Unbelievable. 3 games. 3 fourth quarter leads.

3 losses.


----------



## ChrisRichards

you awake yet lebron?

still think its going to be easy? want to celebrate you little punk ass b**** ?

damn.


----------



## Wade2Bosh

Up 15 in game 2, up 9 in game 4 and up 4 in game 5, all in the 4th, and cant win any of them.


----------



## Smithian

ChrisRichards said:


> you awake yet lebron?
> 
> still think its going to be easy? want to celebrate you little punk ass b**** ?
> 
> damn.


Dude. Chill.


----------



## PoetLaureate

ChrisRichards said:


> you awake yet lebron?
> 
> still think its going to be easy? want to celebrate you little punk ass b**** ?
> 
> damn.


Relax, Lebron played fine tonight. He may have had 2 4th quarter points but the Heat had 24 4th quarter points, that's usually enough to win. The Mavs just hit literally every shot and especially every desperation one. Nothing you can do.


----------



## ChrisRichards

if it wasn't for Wade's heroics and Dirk missing shots he normally makes in Game 3, the series would be over right now in 5 games with Dallas backdoor sweeping Miami 4-1.

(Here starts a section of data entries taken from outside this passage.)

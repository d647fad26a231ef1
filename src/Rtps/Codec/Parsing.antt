-- ===== src/Rtps/Codec/Parsing.antt =====
-- The parsers of HEARTBEAT and ACKNACK of src/rtps/reliability_messages.cpp. A parser returns the error
-- and the view that it writes, if it writes one.
use open_rtdds.Prelude.{
  ℕ, zero, suc, ◌+◌, ◌-◌, ◌*◌, ◌/◌, ◌%◌, ◌^◌, Bool, true, false, ◌&&◌, ◌||◌, not, Option, ltb, leb,
  ◌==◌, ◌!=◌, if◌then◌else◌, bit_and, bit_or, BytePointer, int64_max, add32,
}
use open_rtdds.Core.History.{is_null}
use open_rtdds.Rtps.Types.{ByteOrder}
use open_rtdds.Rtps.SequenceSet.{SequenceNumberSet, empty_set, reset, set_bit, maximum_bits}
use open_rtdds.Rtps.Messages.{ReliabilityMessageHeader, Heartbeat, AckNack}
use open_rtdds.Rtps.Wire.{read_uint32, entity_at}
use open_rtdds.Rtps.Router.{
  MessageRouteError, RoutedSubmessageView, find_submessage, submessage_id_acknack,
  submessage_id_heartbeat,
}
use open_rtdds.Rtps.Codec.{ReliabilityMessageError}

abbrev pub route_error : MessageRouteError → ReliabilityMessageError
route_error MessageRouteError.none = ReliabilityMessageError.none
route_error MessageRouteError.invalid_argument = ReliabilityMessageError.invalid_argument
route_error MessageRouteError.truncated = ReliabilityMessageError.truncated
route_error MessageRouteError.invalid_protocol = ReliabilityMessageError.invalid_protocol
route_error MessageRouteError.unsupported_version = ReliabilityMessageError.unsupported_version
route_error MessageRouteError.submessage_not_found = ReliabilityMessageError.unsupported_submessage
route_error MessageRouteError.malformed_submessage = ReliabilityMessageError.invalid_submessage
route_error MessageRouteError.invalid_info_submessage = ReliabilityMessageError.invalid_submessage

pub record ParsedPrefix : Type 0 where
  pub header : ReliabilityMessageHeader
  pub byte_order : ByteOrder
  pub flags : ℕ
  pub content_size : ℕ
  pub content : BytePointer

-- The prefix, or the error.
pub data Parsed {ℓ} (A : Type ℓ) : Type ℓ where
  parsed : A → Parsed A
  refused : ReliabilityMessageError → Parsed A

abbrev pub prefix_of : RoutedSubmessageView → ParsedPrefix
prefix_of routed = record {
  header = record {
    version = routed.version;
    vendor_id = routed.vendor_id;
    guid_prefix = routed.source_guid_prefix;
    submessage_byte_order = routed.byte_order;
  };
  byte_order = routed.byte_order;
  flags = routed.flags;
  content_size = routed.content_size;
  content = routed.content;
}

abbrev pub prefix_from : MessageRouteError × Option RoutedSubmessageView → Parsed ParsedPrefix
prefix_from (error, Option.none) = Parsed.refused (route_error error)
prefix_from (error, Option.some routed) = Parsed.parsed (prefix_of routed)

unfoldable pub parse_prefix : BytePointer → ℕ → ℕ → Parsed ParsedPrefix
parse_prefix message message_size expected_submessage_id =
    if is_null message && message_size != 0
    then Parsed.refused ReliabilityMessageError.invalid_argument
    else prefix_from (find_submessage message message_size expected_submessage_id 0)

-- `none` is the answer `false`.
unfoldable pub read_sequence_number : BytePointer → ℕ → ByteOrder → Bool → Option ℕ
read_sequence_number source index order allow_zero =
    let high = read_uint32 source index order in
    let candidate = bit_or (high * 2 ^ 32 % 2 ^ 64) (read_uint32 source (index + 4) order) in
    if leb (2 ^ 31) high
    then Option.none
    else if (not allow_zero && candidate == 0) || ltb int64_max candidate
    then Option.none
    else Option.some candidate

abbrev pub heartbeat_view : ParsedPrefix → ℕ → ℕ → Heartbeat
heartbeat_view p first last = record {
  header = p.header;
  reader_id = entity_at p.content 0;
  writer_id = entity_at p.content 4;
  first_sequence_number = first;
  last_sequence_number = last;
  count = read_uint32 p.content 24 p.byte_order;
  final_flag = bit_and p.flags 0x02 != 0;
  liveliness_flag = bit_and p.flags 0x04 != 0;
}

abbrev pub heartbeat_range : ParsedPrefix → Option ℕ → Option ℕ → Parsed Heartbeat
heartbeat_range p Option.none last = Parsed.refused ReliabilityMessageError.invalid_sequence_number
heartbeat_range p (Option.some first) Option.none =
    Parsed.refused ReliabilityMessageError.invalid_sequence_number
heartbeat_range p (Option.some first) (Option.some last) =
    if ltb last (first - 1)
    then Parsed.refused ReliabilityMessageError.invalid_sequence_number
    else Parsed.parsed (heartbeat_view p first last)

-- `bit_and` with the complement of the allowed flags.
abbrev pub heartbeat_from : Parsed ParsedPrefix → Parsed Heartbeat
heartbeat_from (Parsed.refused error) = Parsed.refused error
heartbeat_from (Parsed.parsed p) =
    if bit_and p.flags 0x08 != 0
    then Parsed.refused ReliabilityMessageError.unsupported_feature
    else if bit_and p.flags (0xFF - 0x07) != 0
    then Parsed.refused ReliabilityMessageError.unsupported_feature
    else if p.content_size != 28
    then Parsed.refused ReliabilityMessageError.invalid_submessage
    else heartbeat_range p (read_sequence_number p.content 8 p.byte_order false)
        (read_sequence_number p.content 16 p.byte_order true)

unfoldable pub parse_heartbeat_message : BytePointer → ℕ → Parsed Heartbeat
parse_heartbeat_message message message_size =
    heartbeat_from (parse_prefix message message_size submessage_id_heartbeat)

-- The inner loop over the bits of a word, over the rounds that are left.
unfoldable pub read_bits : ℕ → ℕ → ℕ → ℕ → SequenceNumberSet → SequenceNumberSet
read_bits zero bit_index word_index w s = s
read_bits (suc rounds) bit_index word_index w s = read_bits rounds (suc bit_index) word_index w (
    if ltb (word_index * 32 + bit_index) s.num_bits && bit_and w (2 ^ (31 - bit_index)) != 0
    then (set_bit s (word_index * 32 + bit_index)).1
    else s)

-- The outer loop; `20 + 4 * word_index` is the source's `offset`.
unfoldable pub read_words : ℕ → ℕ → BytePointer → ByteOrder → SequenceNumberSet → SequenceNumberSet
read_words zero word_index content order s = s
read_words (suc rounds) word_index content order s =
    read_words rounds (suc word_index) content order
      (read_bits 32 0 word_index (read_uint32 content (20 + 4 * word_index) order) s)

abbrev pub acknack_view : ParsedPrefix → ℕ → SequenceNumberSet → AckNack
acknack_view p words s = record {
  header = p.header;
  reader_id = entity_at p.content 0;
  writer_id = entity_at p.content 4;
  reader_state = read_words words 0 p.content p.byte_order s;
  count = read_uint32 p.content (20 + 4 * words) p.byte_order;
  final_flag = bit_and p.flags 0x02 != 0;
}

abbrev pub acknack_reset : ParsedPrefix → ℕ → Bool × SequenceNumberSet → Parsed AckNack
acknack_reset p words (false, s) = Parsed.refused ReliabilityMessageError.invalid_sequence_number
acknack_reset p words (true, s) = Parsed.parsed (acknack_view p words s)

abbrev pub acknack_sized : ParsedPrefix → ℕ → ℕ → Parsed AckNack
acknack_sized p bitmap_base num_bits =
    let words = add32 num_bits 31 / 32 in
    if ltb maximum_bits num_bits
    then Parsed.refused ReliabilityMessageError.bitmap_bound_exceeded
    else if p.content_size != 24 + words * 4
    then Parsed.refused ReliabilityMessageError.invalid_submessage
    else acknack_reset p words (reset empty_set bitmap_base num_bits)

abbrev pub acknack_based : ParsedPrefix → Option ℕ → Parsed AckNack
acknack_based p Option.none = Parsed.refused ReliabilityMessageError.invalid_sequence_number
acknack_based p (Option.some bitmap_base) =
    acknack_sized p bitmap_base (read_uint32 p.content 16 p.byte_order)

abbrev pub acknack_from : Parsed ParsedPrefix → Parsed AckNack
acknack_from (Parsed.refused error) = Parsed.refused error
acknack_from (Parsed.parsed p) =
    if bit_and p.flags (0xFF - 0x03) != 0
    then Parsed.refused ReliabilityMessageError.unsupported_feature
    else if ltb p.content_size 24
    then Parsed.refused ReliabilityMessageError.invalid_submessage
    else acknack_based p (read_sequence_number p.content 8 p.byte_order false)

unfoldable pub parse_acknack_message : BytePointer → ℕ → Parsed AckNack
parse_acknack_message message message_size =
    acknack_from (parse_prefix message message_size submessage_id_acknack)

now that Miami is gonna lose this series (looks like), LeBron has nobody to blame but himself. Wade came up big this series. LBJ did squat.


----------



## Wade2Bosh

You just knew that at some point, the Mavs were gonna get hot from 3 for a game. And tonight was that night. We survived the 3pt outburst for about 45 minutes, but couldnt overcome the last 2 from Kidd and Terry.


----------



## ChrisRichards

PoetLaureate said:


> Relax, Lebron played fine tonight. He may have had 2 4th quarter points but the Heat had 24 4th quarter points, that's usually enough to win. The Mavs just hit literally every shot and especially every desperation one. Nothing you can do.


look at the video of game 2, game3, game 4. LBJ passive as hell.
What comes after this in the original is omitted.